EGGLESS CHOCOLATE CAKE IN PRESSURE COOKER

Eggless pressure cooker cake
I tried this cake from an old cookbook. I wanted to post an eggless chocolate cake in my blog but i couldn’t do it. Now i am so happy i did a cake in pressure cooker which is very easy for beginners and for people who don’t own a oven.

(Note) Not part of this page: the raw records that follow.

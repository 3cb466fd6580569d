-- ===== src/IniReader/Headers.antt =====
-- `tryParseSection`, `isBlank` and `isComment` of src/cIniReader.cpp against the described lines.
use pquery.Prelude.{
  ℕ, true, false, [], ◌∷◌, ◌++◌, ◌≡◌, ◌≢◌, ◌↔◌, refl, sym, ap, subst, ◌∙◌, Option, none, some,
  arith, inl, inr, ◌==◌, Bytes, All, Stops, append-nil, is_space, is_empty, Bool-cases,
}
use pquery.IniReader.Line.{
  skip_ws, is_blank_line, comment_at, is_comment, put_before, cut_at, section_name, section_at,
  try_parse_section,
}
use pquery.IniReader.Syntax.{Space, SectionLine, OpensComment, semicolon, hash, dashes, CommentLine}
use pquery.IniReader.Words.{skip_ws-append, skip_ws-Passes}

is_empty_nil : (s : Bytes) → is_empty s ≡ true → s ≡ []
is_empty_nil [] h = refl
is_empty_nil (c ∷ s) h = cc

cut_at-append : (c : ℕ) (a b : Bytes) → All (λ d. d ≢ c) a → cut_at c (a ++ c ∷ b) ≡ some (a, b)
unfolding cut_at
cut_at-append c [] b h = ground arith
cut_at-append c (d ∷ a) b h = ground (arith, cut_at-append c a b h.1, h.0)

record Cut (c : ℕ) (s a b : Bytes) : Type 0 where
  splits : s ≡ a ++ c ∷ b
  none_before : All (λ d. d ≢ c) a

put_before-eq-some :
    (d : ℕ) (o : Option (Bytes × Bytes)) {a b : Bytes}
    → put_before d o ≡ some (a, b)
    → (a' : Bytes) × (a ≡ d ∷ a') × (o ≡ some (a', b))
put_before-eq-some d none e = absurd (cc)
put_before-eq-some d (some (a', b')) e = (a', cc, cc)

cut_at-Cut : (c : ℕ) (s : Bytes) {a b : Bytes} → cut_at c s ≡ some (a, b) → Cut c s a b
unfolding cut_at
cut_at-Cut c [] e = absurd (cc)
cut_at-Cut c (d ∷ s) {a} {b} e = elim (Bool-cases (d == c)) [
  | inl h ↦
      let first : ◌≡◌ {A = Option (Bytes × Bytes)} (some ([], s)) (some (a, b)) =
        rw (h, cut_at) at e in
      let nothing : [] ≡ a = cc in
      let here : d ≡ c = ground arith in
      let rest : s ≡ b = cc in
      subst (λ x. Cut c (d ∷ s) x b) nothing
        (record { splits = λ i. here i ∷ rest i; none_before = tt })
  | inr h ↦
      let (a', a_is, found) = put_before-eq-some d (cut_at c s) (rw (h, cut_at) at e) in
      let r = cut_at-Cut c s found in
      subst (λ x. Cut c (d ∷ s) x b) (sym a_is)
        (record { splits = ap (◌∷◌ d) r.splits; none_before = (ground arith, r.none_before) })
]

section_name-eq-some :
    (o : Option (Bytes × Bytes)) {name : Bytes}
    → section_name o ≡ some name
    → (o ≡ some (name, [])) × (name ≢ [])
section_name-eq-some none e = absurd (cc)
section_name-eq-some (some ([], b)) e = absurd (cc)
section_name-eq-some (some (c ∷ a, [])) e = (cc, λ k. cc)
section_name-eq-some (some (c ∷ a, d ∷ b)) e = absurd (cc)

section_at_sound :
    (indent t : Bytes) {name : Bytes}
    → All Space indent
    → section_at t ≡ some name
    → SectionLine (indent ++ t) name
section_at_sound indent [] h e = absurd (cc)
section_at_sound indent (c ∷ t) {name} h e = elim (Bool-cases (c == b'[')) [
  | inl k ↦
      let (found, ne) = section_name-eq-some (cut_at b']' t) (rw k at e) in
      let r = cut_at-Cut b']' t found in
      let bracket : c ≡ b'[' = ground arith in
      record {
        indent = indent;
        splits = λ i. indent ++ bracket i ∷ r.splits i;
        indent_space = h;
        name_ne = ne;
        no_bracket = r.none_before;
      }
  | inr k ↦ absurd (let x : none ≡ some name = rw k at e in cc)
]

try_parse_section_sound :
    {line name : Bytes} → try_parse_section line ≡ some name → SectionLine line name
unfolding try_parse_section
try_parse_section_sound {line} {name} e =
    let p = skip_ws-Passes line in
    subst (λ x. SectionLine x name) (sym p.splits)
      (section_at_sound p.passed (skip_ws line) p.holds e)

bracket_stops : is_space b'[' ≡ false
unfolding is_space
bracket_stops = refl

section_name_found : (name : Bytes) → name ≢ [] → section_name (some (name, [])) ≡ some name
section_name_found [] h = absurd (h refl)
section_name_found (c ∷ name) h = refl

try_parse_section_complete :
    {line name : Bytes} → SectionLine line name → try_parse_section line ≡ some name
unfolding try_parse_section
try_parse_section_complete {line} {name} l =
    ap try_parse_section l.splits
    ∙ ap section_at
        (skip_ws-append l.indent (b'[' ∷ (name ++ b']' ∷ [])) l.indent_space bracket_stops)
    ∙ ap section_name (cut_at-append b']' name [] l.no_bracket)
    ∙ section_name_found name l.name_ne

-- tryParseSection accepts exactly the lines [name], with white space in front and nothing behind,
-- where the name is not empty and has no closing bracket.
pub try_parse_section_iff :
    (line name : Bytes) → (try_parse_section line ≡ some name) ↔ SectionLine line name
try_parse_section_iff line name = (try_parse_section_sound, try_parse_section_complete)

is_blank_line_sound : (line : Bytes) → is_blank_line line ≡ true → All Space line
unfolding is_blank_line
is_blank_line_sound line h =
    let p = skip_ws-Passes line in
    let nothing : skip_ws line ≡ [] = is_empty_nil (skip_ws line) h in
    subst (All Space) (sym (p.splits ∙ ap (λ x. p.passed ++ x) nothing ∙ append-nil p.passed))
      p.holds

is_blank_line_complete : (line : Bytes) → All Space line → is_blank_line line ≡ true
unfolding is_blank_line
is_blank_line_complete line h =
    ap is_empty (ap skip_ws (sym (append-nil line)) ∙ skip_ws-append line [] h tt)

pub is_blank_line_iff : (line : Bytes) → (is_blank_line line ≡ true) ↔ All Space line
is_blank_line_iff line = (is_blank_line_sound line, is_blank_line_complete line)

semicolon_at : (c : ℕ) (s : Bytes) → c ≡ b';' → OpensComment (c ∷ s)
semicolon_at c s e = rw e semicolon

hash_at : (c : ℕ) (s : Bytes) → c ≡ b'#' → OpensComment (c ∷ s)
hash_at c s e = rw e hash

dashes_at : (c d : ℕ) (s : Bytes) → c ≡ b'-' → d ≡ b'-' → OpensComment (c ∷ d ∷ s)
dashes_at c d s e f = rw (e, f) dashes

comment_at_sound : (s : Bytes) → comment_at s ≡ true → OpensComment s
comment_at_sound [] h = absurd (cc)
comment_at_sound (c ∷ []) h = ground (arith, semicolon_at c [], hash_at c [])
comment_at_sound (c ∷ d ∷ s) h =
    ground (arith, semicolon_at c (d ∷ s), hash_at c (d ∷ s), dashes_at c d s)

comment_at_complete : {s : Bytes} → OpensComment s → (comment_at s ≡ true) × Stops is_space s
unfolding is_space
comment_at_complete semicolon = (refl, refl)
comment_at_complete hash = (refl, refl)
comment_at_complete dashes = (refl, refl)

pub is_comment_iff : (line : Bytes) → (is_comment line ≡ true) ↔ CommentLine line
unfolding is_comment
is_comment_iff line = (sound, complete)
  where
    sound : is_comment line ≡ true → CommentLine line
    sound h =
        let p = skip_ws-Passes line in
        record {
          indent = p.passed;
          comment = skip_ws line;
          splits = p.splits;
          indent_space = p.holds;
          opens = comment_at_sound (skip_ws line) h;
        }

    complete : CommentLine line → is_comment line ≡ true
    complete l =
        let (opens, stops) = comment_at_complete l.opens in
        ap is_comment l.splits
        ∙ ap comment_at (skip_ws-append l.indent l.comment l.indent_space stops)
        ∙ opens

I just followed the recipe i noted in my cookbook and the result was soft , moist & delicious tasting chocolate cake. I have not used oil/butter/ ghee in this recipe. But i used fresh cream & curd to bring the softness. Do try this cake. You’ll get it perfect for sure.You can also try this recipe in microwave oven ( use convection mode @ 180c) . This cake is apt for beginners.Kids would love this cake !!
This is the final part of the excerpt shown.